Cutthroat and pelicans

Cutthroat and pelicans

David Sparks Ph.D.
David Sparks Ph.D.
F&G biologists work to protect a popular Yellowstone cutthroat fishery from pelican predation

A conservation success story results in conflict at Blackfoot Reservoir

Blackfoot Reservoir, located about 40 miles east of Pocatello, is home to two divergent, yet symbiotic, conservation stories that have been playing out in southeast Idaho for nearly 30 years, leaving Fish and Game biologists to find new innovative ways towards one common solution.

On one side of the coin is the Yellowstone cutthroat trout, a native species in the upper Snake River drainage that have declined in significant portions of their distribution. Their limited numbers have led to decades’ worth of research and management efforts by Fish and Game fisheries and wildlife biologists.

On the other side is another once-threatened species, the American white pelican, competing directly with Yellowstone cutthroat trout recovery efforts.

For nearly three decades, Fish and Game staff have been deploying a number of management strategies to find a balance between cutthroat trout and white pelicans. And, in 2022, that work is continuing.

The sky’s the limit

Across the U.S., pelicans were on the decline until around the 1960s. Since the ’80s, pelicans have seen a rise in numbers thanks to reduced pesticide use, increased federal and state protection and adapting to new environments. 
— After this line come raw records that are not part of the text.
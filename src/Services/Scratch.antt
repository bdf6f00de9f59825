-- ===== src/Services/Scratch.antt =====
-- What the program relies on in temporary directories, as `os` and `ioutil` document them: a new one
-- holds nothing of the image store, so that writes below it and its removal leave the names alone.
use img.Common.{ℕ, String, [], ◌∷◌, ◌≡◌}
use img.Common.Exec.{ok}
use img.Common.FilePath
use img.Services.{Services}
use img.Services.Laws.{IsLawful, IsQuiet}

pub record IsScratch {W : Type 0} {S : Services W} (L : IsLawful S) : Type 0 where
  pub temp_quiet : (prefix : String) → IsQuiet L.tags (S.processes.temp_dir prefix)
  pub write_quiet :
      (prefix dir content : String) (mode : ℕ) (w : W)
      → (S.processes.temp_dir prefix w).0 ≡ ok dir
      → IsQuiet L.tags (S.processes.write_file (FilePath.join (dir ∷ "runc" ∷ [])) content mode)
  pub remove_quiet :
      (prefix dir : String) (w : W)
      → (S.processes.temp_dir prefix w).0 ≡ ok dir
      → IsQuiet L.tags (S.files.remove_all dir)
  -- `os.RemoveAll("")` removes nothing.
  pub remove_nothing : IsQuiet L.tags (S.files.remove_all "")
  pub setenv_quiet : (key value : String) → IsQuiet L.tags (S.processes.setenv key value)
  pub look_quiet : (name : String) → IsQuiet L.tags (S.processes.look_path name)
  pub version_quiet : IsQuiet L.tags S.processes.runc_version
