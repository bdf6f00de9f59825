-- ===== src/Client/Calls.antt =====
-- What a call of foreign code leaves, and what is known of its value.
use img.Common.{String, List, ◌≡◌, refl}
use img.Common.Exec.{Exec, Outcome, ok, err, halt, panic, diverge}
use img.Common.Output.{Line, Arg}
use img.Common.Triple.{Triple, Keeps, Post, Triple-bind, Triple-if, Triple-pure, Keeps-gets}
use img.Client.{State, call, lift, print, debugf}

module _ {W A : Type 0} (P : State W → Type 0) (Fact : A → Type 0) where
  fact-Post :
      (s : State W) (first : Outcome A)
      → P s
      → ((a : A) → first ≡ ok a → Fact a)
      → (o : Outcome A) → first ≡ o
      → Post (λ a st. P st × Fact a) P o s
  fact-Post s first h f (ok a) e = (h, f a e)
  fact-Post s first h f (err x) e = h
  fact-Post s first h f (halt n) e = h
  fact-Post s first h f panic e = h
  fact-Post s first h f diverge e = h

  pub call-Triple :
      (m : Exec W A)
      → ((s : State W) → P s → P (record s { host = (m s.host).1 }))
      → ((s : State W) (a : A) → P s → (m s.host).0 ≡ ok a → Fact a)
      → Triple P (call m) (λ a s. P s × Fact a) P
  unfolding call
  call-Triple m keeps fact = record {
    at = λ s h.
        fact-Post (record s { host = (m s.host).1 }) (m s.host).0 (keeps s h) (λ a e. fact s a h e)
          (m s.host).0 refl;
  }

  pub lift-Triple :
      (o : Outcome A) → ((a : A) → o ≡ ok a → Fact a) → Triple P (lift o) (λ a s. P s × Fact a) P
  unfolding lift
  lift-Triple o fact = record { at = λ s h. fact-Post s o h fact o refl }

-- What a line keeps, a message for the debug level keeps.
pub debugf-Keeps :
    {W : Type 0} {P : State W → Type 0}
    → ((line : Line) → Keeps P (print line))
    → (format : String) (args : List Arg) → Keeps P (debugf format args)
unfolding debugf
debugf-Keeps stable format args =
    Triple-bind (Keeps-gets _) λ shown. Triple-if shown (stable _) (Triple-pure tt (λ s h. h))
Since the 1990s, pelicans have been breeding consistently at three nesting colonies across Idaho. The abundance of breeding adults increased significantly through the early 2010s and peaked in 2012. Blackfoot Reservoir’s Gull Island, for example, has been a popular pelican destination since as early as 1910. After a partnership with USDA Wildlife Services to rid the island of badgers in 1991 and 1992, pelicans took advantage of the predator-free real estate and began nesting on Gull Island in 1993.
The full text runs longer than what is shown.